Hacker News new | ask | show | jobs
by userbinator 4334 days ago
I wouldn't classify it as intentional nor a "bug"; probably it's more of an oversight, as it's mentioned in the article that AMD's CPUs don't have this issue. Intel should definitely be made aware of this.

We can only speculate, but it's likely that Intel has the same handling for a lot two-operand instructions. Common instructions like add, sub take two operands both of which are inputs. So Intel probably shoved popcnt into the same category to keep the processor design simple.

On the other hand, MOV doesn't read both operands either.

1 comments

Reg-Reg MOV doesn't use an ALU, though.

It would be interesting to see if the Intel C Compiler knows about this false dependency.

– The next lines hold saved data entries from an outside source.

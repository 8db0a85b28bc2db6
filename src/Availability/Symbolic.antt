-- ===== src/Availability/Symbolic.antt =====
-- What symbolic availability expressions say about their substitutions.
use cicest.Prelude.{
  ℕ, zero, suc, ◌≡◌, ◌↔◌, refl, ap, ◌∙◌, Bool, true, false, ◌&&◌, ◌||◌, List, [], ◌∷◌, All, arith,
  ltb, length, if◌then◌else◌,
}
use cicest.Availability.{
  Availability, is_rt, AvailabilityExprKind, AvailabilityExpr, expr, Child, null, to,
  availability_expr_join, availability_expr_param, availability_expr_ct, availability_expr_rt,
  availability_expr_always_ct, child_always_ct, availability_expr_forces_rt, child_forces_rt,
  availability_expr_substitute, child_substitute, arg_at, by_expr_kind, join_params,
  availability_expr_from_availability,
}
use cicest.Availability.Join.{is_rt-join}

-- Whether a substitution depends on the runtime.
abbrev pub rt_under : List Availability → AvailabilityExpr → Bool
rt_under args e = is_rt (availability_expr_substitute e args).kind

abbrev child_rt_under : List Availability → Child → Bool
child_rt_under args c = is_rt (child_substitute c args).kind

-- Every join in the expression has both its children, as in all that the builders make.
unfoldable mutual
  pub is_complete : AvailabilityExpr → Bool
  is_complete (expr k i l r) =
      by_expr_kind k true true true (child_is_complete l && child_is_complete r)

  pub child_is_complete : Child → Bool
  child_is_complete null = false
  child_is_complete (to e) = is_complete e

-- Every parameter in the expression is below `n`.
unfoldable mutual
  pub params_below : ℕ → AvailabilityExpr → Bool
  params_below n (expr k i l r) =
      by_expr_kind k true true (ltb i n) (child_params_below n l && child_params_below n r)

  pub child_params_below : ℕ → Child → Bool
  child_params_below n null = true
  child_params_below n (to e) = params_below n e

mutual
  unfolding availability_expr_substitute availability_expr_always_ct

  always_ct_sound :
      (e : AvailabilityExpr) (args : List Availability)
      → availability_expr_always_ct e ≡ true
      → rt_under args e ≡ false
  always_ct_sound (expr AvailabilityExprKind.ct i l r) args h = refl
  always_ct_sound (expr AvailabilityExprKind.rt i l r) args h = cc
  always_ct_sound (expr AvailabilityExprKind.param i l r) args h = cc
  always_ct_sound (expr AvailabilityExprKind.join i l r) args h = ground (
    arith,
    is_rt-join (child_substitute l args) (child_substitute r args),
    child_always_ct_sound l args,
    child_always_ct_sound r args,
  )

  child_always_ct_sound :
      (c : Child) (args : List Availability)
      → child_always_ct c ≡ true
      → child_rt_under args c ≡ false
  child_always_ct_sound null args h = refl
  child_always_ct_sound (to e) args h = always_ct_sound e args h

mutual
  unfolding availability_expr_substitute availability_expr_always_ct is_complete arg_at

  always_ct_complete :
      (e : AvailabilityExpr)
      → is_complete e ≡ true
      → rt_under [] e ≡ false
      → availability_expr_always_ct e ≡ true
  always_ct_complete (expr AvailabilityExprKind.ct i l r) c h = refl
  always_ct_complete (expr AvailabilityExprKind.rt i l r) c h = cc
  always_ct_complete (expr AvailabilityExprKind.param i l r) c h = cc
  always_ct_complete (expr AvailabilityExprKind.join i l r) c h = ground (
    arith,
    is_rt-join (child_substitute l []) (child_substitute r []),
    child_always_ct_complete l,
    child_always_ct_complete r,
  )

  child_always_ct_complete :
      (c : Child)
      → child_is_complete c ≡ true
      → child_rt_under [] c ≡ false
      → child_always_ct c ≡ true
  child_always_ct_complete null c h = cc
  child_always_ct_complete (to e) c h = always_ct_complete e c h

-- An expression whose joins have both children is always compile-time exactly when no arguments make its
-- substitution depend on the runtime.
pub always_ct_iff :
    (e : AvailabilityExpr)
    → is_complete e ≡ true
    → (availability_expr_always_ct e ≡ true)
      ↔ ((args : List Availability) → rt_under args e ≡ false)
always_ct_iff e c = (λ h args. always_ct_sound e args h, λ h. always_ct_complete e c (h []))

mutual
  unfolding availability_expr_substitute availability_expr_forces_rt

  forces_rt_sound :
      (e : AvailabilityExpr) (args : List Availability)
      → availability_expr_forces_rt e ≡ true
      → rt_under args e ≡ true
  forces_rt_sound (expr AvailabilityExprKind.ct i l r) args h = cc
  forces_rt_sound (expr AvailabilityExprKind.rt i l r) args h = refl
  forces_rt_sound (expr AvailabilityExprKind.param i l r) args h = cc
  forces_rt_sound (expr AvailabilityExprKind.join i l r) args h = ground (
    arith,
    is_rt-join (child_substitute l args) (child_substitute r args),
    child_forces_rt_sound l args,
    child_forces_rt_sound r args,
  )

  child_forces_rt_sound :
      (c : Child) (args : List Availability)
      → child_forces_rt c ≡ true
      → child_rt_under args c ≡ true
  child_forces_rt_sound null args h = cc
  child_forces_rt_sound (to e) args h = forces_rt_sound e args h

-- Every argument is available at compile time.
abbrev pub AllCt : List Availability → Type 0
AllCt args = All (λ (a : Availability). is_rt a.kind ≡ false) args

arg_at-AllCt :
    (args : List Availability) (i : ℕ)
    → AllCt args
    → ltb i (length args) ≡ true
    → is_rt (arg_at args i).kind ≡ false
unfolding arg_at
arg_at-AllCt [] zero h b = cc
arg_at-AllCt [] (suc i) h b = absurd (ground arith)
arg_at-AllCt (a ∷ args) zero h b = h.0
arg_at-AllCt (a ∷ args) (suc i) h b = arg_at-AllCt args i h.1 (ground arith)

mutual
  unfolding availability_expr_substitute availability_expr_forces_rt params_below

  not_forced :
      (e : AvailabilityExpr) (args : List Availability)
      → AllCt args
      → params_below (length args) e ≡ true
      → availability_expr_forces_rt e ≡ false
      → rt_under args e ≡ false
  not_forced (expr AvailabilityExprKind.ct i l r) args a b h = refl
  not_forced (expr AvailabilityExprKind.rt i l r) args a b h = cc
  not_forced (expr AvailabilityExprKind.param i l r) args a b h = arg_at-AllCt args i a b
  not_forced (expr AvailabilityExprKind.join i l r) args a b h = ground (
    arith,
    is_rt-join (child_substitute l args) (child_substitute r args),
    child_not_forced l args a,
    child_not_forced r args a,
  )

  child_not_forced :
      (c : Child) (args : List Availability)
      → AllCt args
      → child_params_below (length args) c ≡ true
      → child_forces_rt c ≡ false
      → child_rt_under args c ≡ false
  child_not_forced null args a b h = refl
  child_not_forced (to e) args a b h = not_forced e args a b h

-- An expression that forces the runtime depends on it under all arguments, and one that does not is compile-time
-- under compile-time arguments for all its parameters.
pub forces_rt_lem :
    (e : AvailabilityExpr) (args : List Availability)
    → (availability_expr_forces_rt e ≡ true → rt_under args e ≡ true)
      × (AllCt args
          → params_below (length args) e ≡ true
          → availability_expr_forces_rt e ≡ false
          → rt_under args e ≡ false)
forces_rt_lem e args = (forces_rt_sound e args, not_forced e args)

rt_under-join :
    (e f : AvailabilityExpr) (args : List Availability)
    → rt_under args (availability_expr_join e f) ≡ (rt_under args e || rt_under args f)
unfolding availability_expr_join availability_expr_substitute
rt_under-join (expr k i l r) (expr k' i' l' r') args = ground (
  arith,
  is_rt-join (availability_expr_substitute (expr k i l r) args)
      (availability_expr_substitute (expr k' i' l' r') args),
)

rt_under_param :
    (args : List Availability) (i : ℕ)
    → rt_under args (availability_expr_param i) ≡ is_rt (arg_at args i).kind
unfolding availability_expr_substitute
rt_under_param args i = refl

-- Whether one of the arguments with these indices depends on the runtime, or is missing.
pub any_rt : List Availability → List ℕ → Bool
any_rt args [] = false
any_rt args (i ∷ is) = is_rt (arg_at args i).kind || any_rt args is

rt_under-join_params :
    (args : List Availability) (is : List ℕ) (e : AvailabilityExpr)
    → rt_under args (join_params e is) ≡ (rt_under args e || any_rt args is)
unfolding join_params any_rt
rt_under-join_params args [] e = ground arith
rt_under-join_params args (i ∷ is) e = ground (
  arith,
  rt_under-join_params args is (availability_expr_join e (availability_expr_param i)),
  rt_under-join e (availability_expr_param i) args,
  rt_under_param args i,
)

rt_under_start :
    (args : List Availability) (b : Bool)
    → rt_under args (if b then availability_expr_rt else availability_expr_ct) ≡ b
unfolding availability_expr_substitute
rt_under_start args true = refl
rt_under_start args false = refl

-- A summary's symbolic projection keeps its meaning at a call: its substitution depends on the runtime exactly
-- when the summary does, or when one of the arguments for its recorded parameters does or is missing. Joining two
-- expressions joins what they depend on.
pub from_availability_substitute :
    (a : Availability) (e f : AvailabilityExpr) (args : List Availability)
    → (rt_under args (availability_expr_from_availability a)
        ≡ (is_rt a.kind || any_rt args a.runtime_allowed_param_indices))
      × (rt_under args (availability_expr_join e f) ≡ (rt_under args e || rt_under args f))
unfolding availability_expr_from_availability
from_availability_substitute a e f args = (
  rt_under-join_params args a.runtime_allowed_param_indices _
      ∙ ap (λ b. b || any_rt args a.runtime_allowed_param_indices)
          (rt_under_start args (is_rt a.kind)),
  rt_under-join e f args,
)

'icpc' (the Intel C++ compiler) has equal performance for both of the test cases, and it did choose to use different registers for each call. But it's not clear if that's by design or by chance. In some ways, that's the boring part. The interesting part (to me) is that both tests are much faster than either version with g++.

Here's icpc 14.0.3 vs g++ 4.8.1 on a Sandy Bridge E5-1620 @ 3.60GHz and a Haswell i7-4770 CPU @ 3.40GHz.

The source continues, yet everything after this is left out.